Handling the migration from the version 1 to the version 2
What can happen if an old configuration is passed to the new component version?
It simply fails, as the version 2 does not recognize the old version anymore.
For that reason, a migration handler that adapts the old configuration to the new one is required.
It can be achieved by defining a migration handler class in the @Version
annotation of the component class.
An old configuration may already be persisted by an application that integrates the version 1 of the component (Studio or web application). |
Declaring the migration handler
-
Add a migration handler class to the component version.
@Version(value = 2, migrationHandler = MyOutputMigrationHandler.class)
-
Create the migration handler class
MyOutputMigrationHandler
.public class MyOutputMigrationHandler implements MigrationHandler{ (1) @Override public Map<String, String> migrate(final int incomingVersion, final Map<String, String> incomingData) { (2) // Here we will implement our migration logic to adapt the version 1 of the component to the version 2 return incomingData; } }
1 The migration handler class needs to implement the MigrationHandler
interface.2 The MigrationHandler
interface specifies themigrate
method. This method references:
-
the incoming version, which is the version of the configuration that we are migrating from
-
a map (key, value) of the configuration, where the key is the configuration path and the value is the value of the configuration.
-
Implementing the migration handler
You need to be familiar with the component configuration path construction to better understand this part. Refer to Defining component layout and configuration. |
As a reminder, the following changes were made since the version 1 of the component:
-
The configuration
BasicAuth
from the version 1 is not the root configuration anymore, as it is underAuthenticationConfiguration
. -
AuthenticationConfiguration
is the new root configuration. -
The component supports a new authentication mode (Oauth2) which is the default mode in the version 2 of the component.
To migrate the old component version to the new version and to keep backward compatibility, you need to:
-
Remap the old configuration to the new one.
-
Give the adequate default values to some options.
In the case of this scenario, it means making all configurations based on the version 1 of the component have the authenticationMode
set to basic by default and remapping the old basic authentication configuration to the new one.
public class MyOutputMigrationHandler implements MigrationHandler{
@Override
public Map<String, String> migrate(final int incomingVersion, final Map<String, String> incomingData) {
if(incomingVersion == 1){ (1)
// remapping the old configuration (2)
String userName = incomingData.get("configuration.username");
String password = incomingData.get("configuration.password");
incomingData.put("configuration.basic.username", userName);
incomingData.put("configuration.basic.password", password);
// setting default value for authenticationMode to Basic (3)
incomingData.put("configuration.authenticationMode", "Basic");
}
return incomingData; (4)
}
}
1 | Safety check of the incoming data version to make sure to only apply the migration logic to the version 1. |
2 | Mapping the old configuration to the new version structure.

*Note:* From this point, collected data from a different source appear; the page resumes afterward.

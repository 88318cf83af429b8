-- ===== src/Action/Runs.antt =====
-- What the run of a block shows of its steps.
use yggdrasil_authentication.Base.{◌≡◌, refl, arith}
use yggdrasil_authentication.Platform.{Platform}
use yggdrasil_authentication.Action.{Action, World, Exit, next, reply, fail, panic, ◌>>=◌}

module _ ⦃P : Platform⦄ where
  -- A block that goes on: its first step went on, and then the rest did.
  pub bind_next {ℓ κ} :
      {A : Type ℓ} {B : Type κ} (m : Action A) (f : A → Action B) (w : World P) {b : B}
      {w' : World P}
      → (m >>= f) w ≡ (next b, w')
      → (a : A) × (w1 : World P) × (m w ≡ (next a, w1)) × (f a w1 ≡ (next b, w'))
  bind_next {A = A} m f w {b = b} {w' = w'} h = by_exit (m w).0 (m w).1 refl
    where
      by_exit :
          (e : Exit A) (w1 : World P)
          → m w ≡ (e, w1)
          → (a : A) × (w1 : World P) × (m w ≡ (next a, w1)) × (f a w1 ≡ (next b, w'))
      by_exit (next a) w1 e = (a, w1, e, ground (arith, e, h))
      by_exit (reply r) w1 e = ground (arith, e, h)
      by_exit (fail x) w1 e = ground (arith, e, h)
      by_exit panic w1 e = ground (arith, e, h)

  -- An action that leaves the database alone, whatever it returns.
  abbrev pub KeepsDb {ℓ} : {A : Type ℓ} → Action A → Type 0
  KeepsDb m = (w : World P) → (m w).1.db ≡ w.db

As the BasicAuth is now under the root configuration class, its path changes and becomes configuration.basic.* . |
3 | Setting a new default value to the authenticationMode as it needs to be set to Basic for configuration coming from version 1. |
4 | Returning the new configuration data. |
if a configuration has been renamed between 2 component versions, you can get the old configuration option from the configuration map by using its old path and set its value using its new path. |
You can now upgrade your component without losing backward compatibility.